PROBLEM TO SOLVE:
With the line containing "pub config : Map Any" as the start and the line containing "name = c.name;" as the end, transcribe that span of the entries below exactly, including both.

TASK INPUT:
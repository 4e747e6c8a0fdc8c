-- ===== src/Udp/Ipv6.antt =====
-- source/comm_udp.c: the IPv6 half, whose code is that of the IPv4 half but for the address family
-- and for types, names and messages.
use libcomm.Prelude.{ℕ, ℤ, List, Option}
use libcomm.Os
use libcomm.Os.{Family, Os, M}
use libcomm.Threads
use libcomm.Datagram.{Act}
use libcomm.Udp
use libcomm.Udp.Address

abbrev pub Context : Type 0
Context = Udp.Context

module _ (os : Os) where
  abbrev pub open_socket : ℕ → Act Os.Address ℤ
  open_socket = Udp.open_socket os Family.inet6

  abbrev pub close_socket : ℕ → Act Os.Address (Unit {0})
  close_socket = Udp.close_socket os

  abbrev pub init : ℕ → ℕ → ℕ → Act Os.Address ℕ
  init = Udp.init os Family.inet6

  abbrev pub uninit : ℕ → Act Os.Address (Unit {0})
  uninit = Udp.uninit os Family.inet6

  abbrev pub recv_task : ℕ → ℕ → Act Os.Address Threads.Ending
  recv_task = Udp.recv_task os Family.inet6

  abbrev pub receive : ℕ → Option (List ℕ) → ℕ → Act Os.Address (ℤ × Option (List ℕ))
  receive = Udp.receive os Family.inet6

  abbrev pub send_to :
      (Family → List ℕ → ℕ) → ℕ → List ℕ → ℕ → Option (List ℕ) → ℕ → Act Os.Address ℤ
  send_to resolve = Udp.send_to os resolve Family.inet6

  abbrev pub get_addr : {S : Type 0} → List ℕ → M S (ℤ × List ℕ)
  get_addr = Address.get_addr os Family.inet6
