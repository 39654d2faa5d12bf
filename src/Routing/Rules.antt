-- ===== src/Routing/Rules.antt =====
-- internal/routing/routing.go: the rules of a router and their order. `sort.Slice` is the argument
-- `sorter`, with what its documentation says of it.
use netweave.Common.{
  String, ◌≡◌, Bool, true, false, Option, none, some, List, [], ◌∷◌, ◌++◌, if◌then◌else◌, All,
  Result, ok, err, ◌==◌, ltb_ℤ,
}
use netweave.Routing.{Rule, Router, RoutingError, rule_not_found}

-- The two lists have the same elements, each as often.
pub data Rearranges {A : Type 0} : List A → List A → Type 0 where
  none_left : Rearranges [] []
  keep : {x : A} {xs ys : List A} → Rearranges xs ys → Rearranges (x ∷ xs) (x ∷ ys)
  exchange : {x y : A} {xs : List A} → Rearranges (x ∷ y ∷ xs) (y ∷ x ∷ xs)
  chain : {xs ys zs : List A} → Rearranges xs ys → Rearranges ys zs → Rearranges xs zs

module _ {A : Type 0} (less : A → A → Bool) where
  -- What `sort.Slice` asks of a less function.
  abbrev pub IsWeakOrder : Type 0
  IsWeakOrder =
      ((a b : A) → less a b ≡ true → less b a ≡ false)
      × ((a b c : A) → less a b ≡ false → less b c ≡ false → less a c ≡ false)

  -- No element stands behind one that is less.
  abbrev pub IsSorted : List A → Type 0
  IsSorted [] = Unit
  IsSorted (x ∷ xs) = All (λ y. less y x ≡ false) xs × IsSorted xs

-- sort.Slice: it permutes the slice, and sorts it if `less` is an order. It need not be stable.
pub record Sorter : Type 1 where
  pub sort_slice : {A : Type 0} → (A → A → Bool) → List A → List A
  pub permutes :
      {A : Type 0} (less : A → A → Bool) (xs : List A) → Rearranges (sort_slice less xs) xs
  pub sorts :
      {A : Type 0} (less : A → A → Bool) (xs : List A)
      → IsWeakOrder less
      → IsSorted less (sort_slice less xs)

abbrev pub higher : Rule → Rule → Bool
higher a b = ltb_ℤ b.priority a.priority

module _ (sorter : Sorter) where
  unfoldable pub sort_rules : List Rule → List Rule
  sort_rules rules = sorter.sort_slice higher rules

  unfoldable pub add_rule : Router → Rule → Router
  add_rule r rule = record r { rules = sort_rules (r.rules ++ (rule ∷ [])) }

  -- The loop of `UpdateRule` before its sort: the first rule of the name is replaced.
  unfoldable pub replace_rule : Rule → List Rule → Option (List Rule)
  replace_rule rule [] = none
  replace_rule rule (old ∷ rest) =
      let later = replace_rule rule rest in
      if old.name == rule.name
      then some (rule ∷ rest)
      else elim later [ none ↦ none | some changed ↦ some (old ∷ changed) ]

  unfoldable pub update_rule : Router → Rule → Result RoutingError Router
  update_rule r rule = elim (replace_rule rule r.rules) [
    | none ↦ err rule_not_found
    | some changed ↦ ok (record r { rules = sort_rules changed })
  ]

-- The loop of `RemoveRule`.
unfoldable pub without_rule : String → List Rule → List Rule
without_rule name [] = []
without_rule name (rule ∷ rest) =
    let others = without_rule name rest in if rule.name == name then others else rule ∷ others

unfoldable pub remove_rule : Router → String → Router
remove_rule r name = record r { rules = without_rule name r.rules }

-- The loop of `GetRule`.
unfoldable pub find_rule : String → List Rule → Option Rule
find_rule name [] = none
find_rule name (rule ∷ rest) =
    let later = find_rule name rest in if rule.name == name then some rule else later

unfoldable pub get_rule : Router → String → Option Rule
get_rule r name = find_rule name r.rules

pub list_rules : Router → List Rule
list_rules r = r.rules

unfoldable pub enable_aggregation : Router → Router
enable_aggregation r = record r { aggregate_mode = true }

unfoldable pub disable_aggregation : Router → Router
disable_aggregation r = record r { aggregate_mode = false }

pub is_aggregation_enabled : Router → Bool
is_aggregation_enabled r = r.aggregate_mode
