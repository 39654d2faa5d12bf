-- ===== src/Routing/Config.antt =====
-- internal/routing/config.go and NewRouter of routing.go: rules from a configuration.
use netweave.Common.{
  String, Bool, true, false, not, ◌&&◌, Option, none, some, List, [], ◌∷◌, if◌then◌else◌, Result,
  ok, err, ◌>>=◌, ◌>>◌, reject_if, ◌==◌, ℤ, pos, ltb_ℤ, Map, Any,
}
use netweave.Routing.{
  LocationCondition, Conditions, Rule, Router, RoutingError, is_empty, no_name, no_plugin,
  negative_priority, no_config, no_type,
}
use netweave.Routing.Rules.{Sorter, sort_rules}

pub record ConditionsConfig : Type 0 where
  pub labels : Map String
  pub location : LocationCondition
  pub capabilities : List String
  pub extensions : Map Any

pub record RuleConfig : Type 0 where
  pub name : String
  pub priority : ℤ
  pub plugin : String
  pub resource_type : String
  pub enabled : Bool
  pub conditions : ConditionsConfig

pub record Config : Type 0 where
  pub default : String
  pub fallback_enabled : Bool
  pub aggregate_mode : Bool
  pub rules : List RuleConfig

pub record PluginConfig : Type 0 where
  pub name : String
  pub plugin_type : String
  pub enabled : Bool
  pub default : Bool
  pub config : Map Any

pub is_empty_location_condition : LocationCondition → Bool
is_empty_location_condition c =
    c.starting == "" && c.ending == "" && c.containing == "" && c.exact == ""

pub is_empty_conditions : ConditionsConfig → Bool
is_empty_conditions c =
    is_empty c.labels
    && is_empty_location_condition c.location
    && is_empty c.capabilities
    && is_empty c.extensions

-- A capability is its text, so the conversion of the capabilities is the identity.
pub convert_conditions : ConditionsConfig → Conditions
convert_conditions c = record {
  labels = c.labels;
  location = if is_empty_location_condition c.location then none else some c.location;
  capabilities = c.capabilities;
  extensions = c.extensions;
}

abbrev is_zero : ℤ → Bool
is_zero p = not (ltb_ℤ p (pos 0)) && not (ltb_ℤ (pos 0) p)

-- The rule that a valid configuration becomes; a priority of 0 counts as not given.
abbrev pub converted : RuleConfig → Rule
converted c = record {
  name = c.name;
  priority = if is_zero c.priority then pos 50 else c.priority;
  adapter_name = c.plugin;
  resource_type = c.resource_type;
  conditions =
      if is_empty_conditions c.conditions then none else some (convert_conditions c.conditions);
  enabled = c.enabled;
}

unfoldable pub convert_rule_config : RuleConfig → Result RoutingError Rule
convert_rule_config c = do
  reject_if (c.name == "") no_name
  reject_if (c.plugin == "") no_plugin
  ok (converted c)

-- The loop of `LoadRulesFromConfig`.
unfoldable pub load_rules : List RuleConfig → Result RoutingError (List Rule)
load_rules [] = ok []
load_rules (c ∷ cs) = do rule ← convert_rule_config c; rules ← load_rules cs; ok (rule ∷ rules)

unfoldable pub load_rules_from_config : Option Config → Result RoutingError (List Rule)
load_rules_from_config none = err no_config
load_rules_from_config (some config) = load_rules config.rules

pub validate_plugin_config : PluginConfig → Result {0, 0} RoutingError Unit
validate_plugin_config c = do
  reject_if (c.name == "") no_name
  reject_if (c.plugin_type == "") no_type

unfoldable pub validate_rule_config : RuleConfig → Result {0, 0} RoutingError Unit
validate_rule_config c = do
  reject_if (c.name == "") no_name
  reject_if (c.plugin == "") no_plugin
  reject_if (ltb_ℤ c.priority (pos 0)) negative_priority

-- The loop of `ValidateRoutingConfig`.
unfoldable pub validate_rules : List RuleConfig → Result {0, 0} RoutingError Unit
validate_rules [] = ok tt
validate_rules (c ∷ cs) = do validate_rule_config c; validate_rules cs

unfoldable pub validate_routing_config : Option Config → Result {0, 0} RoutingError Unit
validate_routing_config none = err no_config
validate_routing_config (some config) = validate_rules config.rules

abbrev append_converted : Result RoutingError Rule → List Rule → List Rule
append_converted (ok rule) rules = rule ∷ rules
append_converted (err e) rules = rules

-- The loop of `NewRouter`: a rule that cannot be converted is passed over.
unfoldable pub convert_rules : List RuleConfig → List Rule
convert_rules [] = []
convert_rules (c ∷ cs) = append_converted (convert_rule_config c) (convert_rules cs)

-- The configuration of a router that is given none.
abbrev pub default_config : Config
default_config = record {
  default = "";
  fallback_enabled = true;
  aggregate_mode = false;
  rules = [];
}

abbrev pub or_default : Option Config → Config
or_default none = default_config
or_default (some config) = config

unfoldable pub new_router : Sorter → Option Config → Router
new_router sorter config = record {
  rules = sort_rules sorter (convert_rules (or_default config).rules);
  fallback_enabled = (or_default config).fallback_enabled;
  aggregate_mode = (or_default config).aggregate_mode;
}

ANSWER SPACE:
  pub config : Map Any

pub is_empty_location_condition : LocationCondition → Bool
is_empty_location_condition c =
    c.starting == "" && c.ending == "" && c.containing == "" && c.exact == ""

pub is_empty_conditions : ConditionsConfig → Bool
is_empty_conditions c =
    is_empty c.labels
    && is_empty_location_condition c.location
    && is_empty c.capabilities
    && is_empty c.extensions

-- A capability is its text, so the conversion of the capabilities is the identity.
pub convert_conditions : ConditionsConfig → Conditions
convert_conditions c = record {
  labels = c.labels;
  location = if is_empty_location_condition c.location then none else some c.location;
  capabilities = c.capabilities;
  extensions = c.extensions;
}

abbrev is_zero : ℤ → Bool
is_zero p = not (ltb_ℤ p (pos 0)) && not (ltb_ℤ (pos 0) p)

-- The rule that a valid configuration becomes; a priority of 0 counts as not given.
abbrev pub converted : RuleConfig → Rule
converted c = record {
  name = c.name;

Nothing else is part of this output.